The relationship between the couple broke down towards the end of the second pregnancy. They entered into judicial separation but they were still legally married. The Plaintiff wished to have the remaining embryos implanted into her uterus but Thomas objected to having another child with the Plaintiff and refused consent. As a result, Sims Clinic was unwilling to release them. In 2005, Sims Clinic informed both parties that they had "not received any payment" for the embryos since 2003 and that this failure resulted in a breach of unit policy which rendered the storage contract as void. With this in mind, Mary initiated proceedings in the court.

=== Issues ===
The court had to resolve a number of issues:

1. Are frozen embryos considered "unborn" in the context of Article 40.3.3 of the Irish Constitution (this has since been updated by the abortion referendum in 2018 to Article 40.3 of the Constitution).
2. Did the consent requirement end with the judicial separation.
3. Did Mary Roche have a right to the embryos.
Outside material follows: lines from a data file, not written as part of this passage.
-- ===== src/Adaptor/Mixed.antt =====
-- The adaptors with a matrix: what they write, and that a routing matrix moves channels only.
use libambix.Base.{
  ℕ, zero, suc, ◌+◌, ◌-◌, ◌*◌, ◌≤◌, ◌≡◌, refl, ap, ◌∙◌, arith, List, ◌++◌, length, drop, get_elem?,
  get_or, done, access, table, frames_from, collect-table,
}
use mathlib.Core.List.{append_assoc}
use libambix.Matrix.{Accumulator, Matrix, read}
use libambix.Matrix.Writes.{read-done}
use libambix.Matrix.Products.{dot, sum_loop-dot}
use libambix.Adaptor.{
  mix_frame, split_matrix_from, split_adaptor_matrix, merge_matrix_from, merge_adaptor_matrix,
}
use libambix.Adaptor.Tables.{access-done, transfer_at}

module _ {F T S : Type 0} (acc : Accumulator F T S) (m : Matrix F) (d : T) where
  -- The frame at `src`: for each row its sum of products with the samples from `src` on.
  abbrev pub mixed : List T → ℕ → List T
  mixed source src =
      table m.rows 0 (λ r. dot acc m.cols (m.cell r) (λ i. get_or source (src + i) d))

  pub mix_frame-mixed :
      (source : List T) (src : ℕ)
      → src + m.cols ≤ length source
      → mix_frame acc m source src ≡ done (mixed source src)
  unfolding mix_frame
  mix_frame-mixed source src h =
      collect-table m.rows 0 _ (λ r. dot acc m.cols (m.cell r) (λ i. get_or source (src + i) d))
        λ r lo hi.
          sum_loop-dot acc m.cols (read m r) (λ i. access (get_elem? source (src + i))) (m.cell r)
            (λ i. get_or source (src + i) d) (λ i q. read-done m r i (omega arith) q)
            (λ i q. access-done source (src + i) d (omega arith))

  split_matrix_from-table :
      (source : List T) (sc left f : ℕ)
      → m.cols ≤ sc
      → sc * (f + left) ≤ length source
      → split_matrix_from acc source sc m left f
        ≡ done (
          frames_from left f (λ f. mixed source (sc * f)),
          frames_from left f (λ f. table (sc - m.cols) m.cols (λ c. get_or source (sc * f + c) d)),
        )
  unfolding split_matrix_from
  split_matrix_from-table source sc zero f le h = refl
  split_matrix_from-table source sc (suc left) f le h = rw (
    mix_frame-mixed source (sc * f) (omega arith),
    collect-table (sc - m.cols) m.cols (λ c. access (get_elem? source (sc * f + c)))
        (λ c. get_or source (sc * f + c) d)
        (λ c lo hi. access-done source (sc * f + c) d (omega arith)),
    split_matrix_from-table source sc left (f + 1) le (omega arith),
  )

  -- On a source of at least `frames` frames that have the matrix's columns the splitter succeeds;
  -- frame by frame it writes the sums of products of the rows with the first channels, and the
  -- other channels as they are.
  pub split_adaptor_matrix-table :
      (source : List T) (sc frames : ℕ)
      → m.cols ≤ sc
      → sc * frames ≤ length source
      → split_adaptor_matrix acc source sc m frames
        ≡ done (
          frames_from frames 0 (λ f. mixed source (sc * f)),
          frames_from frames 0
              (λ f. table (sc - m.cols) m.cols (λ c. get_or source (sc * f + c) d)),
        )
  unfolding split_adaptor_matrix
  split_adaptor_matrix-table source sc frames le h =
      split_matrix_from-table source sc frames 0 le (omega arith)

  merge_matrix_from-table :
      (ambi other : List T) (oc left f : ℕ)
      → m.cols * (f + left) ≤ length ambi
      → oc * (f + left) ≤ length other
      → merge_matrix_from acc ambi m (drop (oc * f) other) oc left f
        ≡ done (
            frames_from left f
              (λ f. mixed ambi (m.cols * f) ++ table oc 0 (λ c. get_or other (oc * f + c) d)))
  unfolding merge_matrix_from
  merge_matrix_from-table ambi other oc zero f h k = refl
  merge_matrix_from-table ambi other oc (suc left) f h k =
      rw
        (
          mix_frame-mixed ambi (m.cols * f) (omega arith),
          transfer_at oc (oc * f) 0 other d {i = oc * f} {j = oc * (f + 1)} (omega arith)
              (omega arith) (omega arith),
          merge_matrix_from-table ambi other oc left (f + 1) (omega arith) (omega arith),
        )
        (rw append_assoc)

  -- From sources that have all frames the merger succeeds; each frame is the sums of products of the
  -- matrix's rows with the channels of one source, then the channels of the other as they are.
  pub merge_adaptor_matrix-table :
      (ambi other : List T) (oc frames : ℕ)
      → m.cols * frames ≤ length ambi
      → oc * frames ≤ length other
      → merge_adaptor_matrix acc ambi m other oc frames
        ≡ done (
            frames_from frames 0
              (λ f. mixed ambi (m.cols * f) ++ table oc 0 (λ c. get_or other (oc * f + c) d)))
  unfolding merge_adaptor_matrix
  merge_adaptor_matrix-table ambi other oc frames h k =
      ap (λ j. merge_matrix_from acc ambi m (drop j other) oc frames 0) {x = 0} {y = oc * 0}
        (omega arith)
      ∙ merge_matrix_from-table ambi other oc frames 0 (omega arith) (omega arith)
=== Constitutional interpretation ===
Article 40.3.3° of the Irish Constitution stated that:"The State acknowledges the right to life of the unborn and, with due regard to the equal right to life of the mother, guarantees in its laws to respect, and, as far as practicable, by its laws to defend and vindicate that right."Today this section has been removed altogether by Article 40.3 which states "provision may be made by law for the regulation of termination of pregnancy."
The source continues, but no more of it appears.